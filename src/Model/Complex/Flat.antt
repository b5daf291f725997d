-- ===== src/Model/Complex/Flat.antt =====
-- The members of a class in spyne/model/complex.py, with those that it inherits.
use mathlib.Core.Path.{subst}
use mathlib.Core.Option.{some-injective}
use mathlib.Core.List.{append_assoc}
use spyne.Prelude.{
  ℕ, zero, suc, nat_eq, string_eq, ◌≡◌, ◌<◌, ◌↔◌, ◌⊎◌, refl, sym, ap, ◌∙◌, inl, inr, arith, String,
  Bool, Option, none, some, List, ◌++◌, Option-cases,
}
use spyne.Prelude.Dict
use spyne.Prelude.Dict.{Dict}
use spyne.Prelude.Exec.{ok}
use spyne.Util.Odict.Laws.{IsValid, empty-IsValid}
use spyne.Util.Odict.Merge.{Merges, merge-Merges, or_else}
use spyne.Model.Complex.{
  Class, TypeInfo, no_members, filled, add_own, then_add, flat_type_info, get_flat_type_info,
}

module _ (is_attribute : ℕ → Bool) (classes : ℕ → Class) where
  -- The class that is extended is older, and the tables of members are in step.
  pub record IsHierarchy : Type 0 where
    pub older : (c p : ℕ) → (classes c).extends ≡ some p → p < c
    pub valid : (c : ℕ) → IsValid (classes c).type_info

  -- A class has a member of its own, or inherits one that it does not declare itself.
  pub data HasMember : ℕ → String → ℕ → Type 0 where
    own :
        {c : ℕ} {k : String} {t : ℕ}
        → Dict.get (classes c).type_info.dict k ≡ some t
        → HasMember c k t
    inherited :
        {c p : ℕ} {k : String} {t : ℕ}
        → Dict.get (classes c).type_info.dict k ≡ none
        → (classes c).extends ≡ some p
        → HasMember p k t
        → HasMember c k t

  -- The result of filling `retval` for class `c`.
  pub record Fills (c : ℕ) (retval r : TypeInfo) : Type 0 where
    pub valid : IsValid r.members
    pub has_members : (k : String) (t : ℕ) → HasMember c k t → Dict.get r.members.dict k ≡ some t
    pub only :
        (k : String) (t : ℕ)
        → Dict.get r.members.dict k ≡ some t
        → HasMember c k t ⊎ (Dict.get retval.members.dict k ≡ some t)
    pub new_names : List String
    pub order : r.members.list ≡ retval.members.list ++ new_names

  add_own-Fills :
      (c : ℕ) (retval : TypeInfo)
      → IsHierarchy
      → IsValid retval.members
      → (r : TypeInfo) × (add_own is_attribute (classes c) retval ≡ ok r)
        × Merges (classes c).type_info retval.members r.members
  unfolding add_own
  add_own-Fills c retval i h =
      let (members, made, merges) =
        merge-Merges (classes c).type_info retval.members (i.valid c) h in
      (filled is_attribute (classes c) retval members, rw made refl, merges)

  own_member : (own o : Option ℕ) (t : ℕ) → own ≡ some t → or_else own o ≡ some t
  own_member mine o t e = ap (λ x. or_else x o) e

  -- A value of a merged table comes from one of the two.
  from_either :
      (own o r : Option ℕ) (t : ℕ)
      → r ≡ or_else own o
      → r ≡ some t
      → (own ≡ some t) ⊎ ((own ≡ none) × (o ≡ some t))
  from_either none o r t e f = inr (refl, sym e ∙ f)
  from_either (some v) o r t e f = inl (sym e ∙ f)

  root_member :
      {c : ℕ} {k : String} {t : ℕ}
      → HasMember c k t
      → (classes c).extends ≡ none
      → Dict.get (classes c).type_info.dict k ≡ some t
  root_member (own e) root = e
  root_member (inherited absent extends m) root = absurd (cc (sym extends ∙ root))

  root_case :
      (c : ℕ) (retval r : TypeInfo)
      → (classes c).extends ≡ none
      → Merges (classes c).type_info retval.members r.members
      → Fills c retval r
  root_case c retval r root merges = record {
    valid = merges.valid;
    has_members = λ k t m. merges.values k ∙ own_member _ _ t (root_member m root);
    only = λ k t e. elim (from_either _ _ _ t (merges.values k) e) [
      | inl mine ↦ inl (own mine)
      | inr (_, before) ↦ inr before
    ];
    new_names = merges.new_keys;
    order = merges.order;
  }

  child_member :
      {c p : ℕ} {k : String} {t : ℕ} (retval r' : TypeInfo)
      → HasMember c k t
      → (classes c).extends ≡ some p
      → Fills p retval r'
      → or_else (Dict.get (classes c).type_info.dict k) (Dict.get r'.members.dict k) ≡ some t
  child_member retval r' (own e) extends fills = own_member _ _ _ e
  child_member {p = p} {k = k} {t = t} retval r' (inherited {p = q} absent extends' m) extends
        fills =
      let same : q ≡ p = some-injective _ _ (sym extends' ∙ extends) in
      ap (λ x. or_else x (Dict.get r'.members.dict k)) absent
      ∙ fills.has_members k t (subst (λ x. HasMember x k t) same m)

  child_case :
      (c p : ℕ) (retval r' r : TypeInfo)
      → (classes c).extends ≡ some p
      → Fills p retval r'
      → Merges (classes c).type_info r'.members r.members
      → Fills c retval r
  child_case c p retval r' r extends fills merges = record {
    valid = merges.valid;
    has_members = λ k t m. merges.values k ∙ child_member retval r' m extends fills;
    only = λ k t e. elim (from_either _ _ _ t (merges.values k) e) [
      | inl mine ↦ inl (own mine)
      | inr (absent, theirs) ↦ elim (fills.only k t theirs) [
        | inl m ↦ inl (inherited absent extends m)
        | inr before ↦ inr before
      ]
    ];
    new_names = fills.new_names ++ merges.new_keys;
    order =
        merges.order
        ∙ ap (λ l. l ++ merges.new_keys) fills.order
        ∙ append_assoc retval.members.list fills.new_names merges.new_keys;
  }

  flat_type_info-Fills :
      (fuel c : ℕ) (retval : TypeInfo)
      → IsHierarchy
      → c < fuel
      → IsValid retval.members
      → (r : TypeInfo) × (flat_type_info is_attribute classes fuel c retval ≡ ok r)
        × Fills c retval r
  unfolding flat_type_info
  flat_type_info-Fills zero c retval i lt h = absurd (omega (arith, lt))
  flat_type_info-Fills (suc fuel) c retval i lt h = elim (Option-cases (classes c).extends) [
    | inl root ↦
        let (r, made, merges) = add_own-Fills c retval i h in
        (r, rw root made, root_case c retval r root merges)
    | inr (p, extends) ↦
        let (r', made', fills) =
          flat_type_info-Fills fuel p retval i (omega (arith, i.older c p extends, lt)) h in
        let (r, made, merges) = add_own-Fills c r' i fills.valid in
        (r, rw (extends, made') made, child_case c p retval r' r extends fills merges)
  ]

  -- More fuel than a class needs makes no difference.
  flat_type_info_fuel :
      (f g c : ℕ) (retval : TypeInfo)
      → IsHierarchy
      → c < f
      → c < g
      → flat_type_info is_attribute classes f c retval
        ≡ flat_type_info is_attribute classes g c retval
  unfolding flat_type_info
  flat_type_info_fuel zero g c retval i lf lg = absurd (omega (arith, lf))
  flat_type_info_fuel (suc f) zero c retval i lf lg = absurd (omega (arith, lg))
  flat_type_info_fuel (suc f) (suc g) c retval i lf lg = elim (Option-cases (classes c).extends) [
    | inl root ↦ rw root refl
    | inr (p, extends) ↦
        let older = i.older c p extends in
        rw extends (
          ap (then_add is_attribute (classes c)) (
            flat_type_info_fuel f g p retval i (omega (arith, older, lf))
              (omega (arith, older, lg))))
  ]

  -- For classes that extend older ones only, `get_flat_type_info` ends. It gives a name the type of
  -- the nearest class that declares it, and has no other names.
  pub get_flat_type_info-HasMember :
      (c : ℕ)
      → IsHierarchy
      → (r : TypeInfo) × (get_flat_type_info is_attribute classes c ≡ ok r)
        × IsValid r.members
        × ((k : String) (t : ℕ) → (Dict.get r.members.dict k ≡ some t) ↔ HasMember c k t)
  unfolding get_flat_type_info Dict.get
  get_flat_type_info-HasMember c i =
      let (r, made, fills) =
        flat_type_info-Fills (suc c) c no_members i (omega arith) empty-IsValid in
      (
        r,
        made,
        fills.valid,
        λ k t. (
          λ e. elim (fills.only k t e) [ inl m ↦ m | inr before ↦ absurd (cc before) ],
          fills.has_members k t,
        ),
      )

  -- The members of a class come behind those of the class that it extends, which keep their order.
  pub get_flat_type_info_order :
      (c p : ℕ)
      → IsHierarchy
      → (classes c).extends ≡ some p
      → (r' r : TypeInfo) × (get_flat_type_info is_attribute classes p ≡ ok r')
        × (get_flat_type_info is_attribute classes c ≡ ok r)
        × (new : List String) × (r.members.list ≡ r'.members.list ++ new)
  unfolding get_flat_type_info flat_type_info
  get_flat_type_info_order c p i extends =
      let (r', made', fills) =
        flat_type_info-Fills c p no_members i (i.older c p extends) empty-IsValid in
      let (r, made, merges) = add_own-Fills c r' i fills.valid in
      (
        r',
        r,
        flat_type_info_fuel (suc p) c p no_members i (omega arith) (i.older c p extends) ∙ made',
        rw (extends, made') made,
        merges.new_keys,
        merges.order,
      )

> _Work order_: Nothing outside the span should appear: transcribe the lines from the one containing "unfolding get_flat_type_info flat_type_info" through the last line of the records.

> _Answer box_:
  unfolding get_flat_type_info flat_type_info
  get_flat_type_info_order c p i extends =
      let (r', made', fills) =
        flat_type_info-Fills c p no_members i (i.older c p extends) empty-IsValid in
      let (r, made, merges) = add_own-Fills c r' i fills.valid in
      (
        r',
        r,
        flat_type_info_fuel (suc p) c p no_members i (omega arith) (i.older c p extends) ∙ made',
        rw (extends, made') made,
        merges.new_keys,
        merges.order,
      )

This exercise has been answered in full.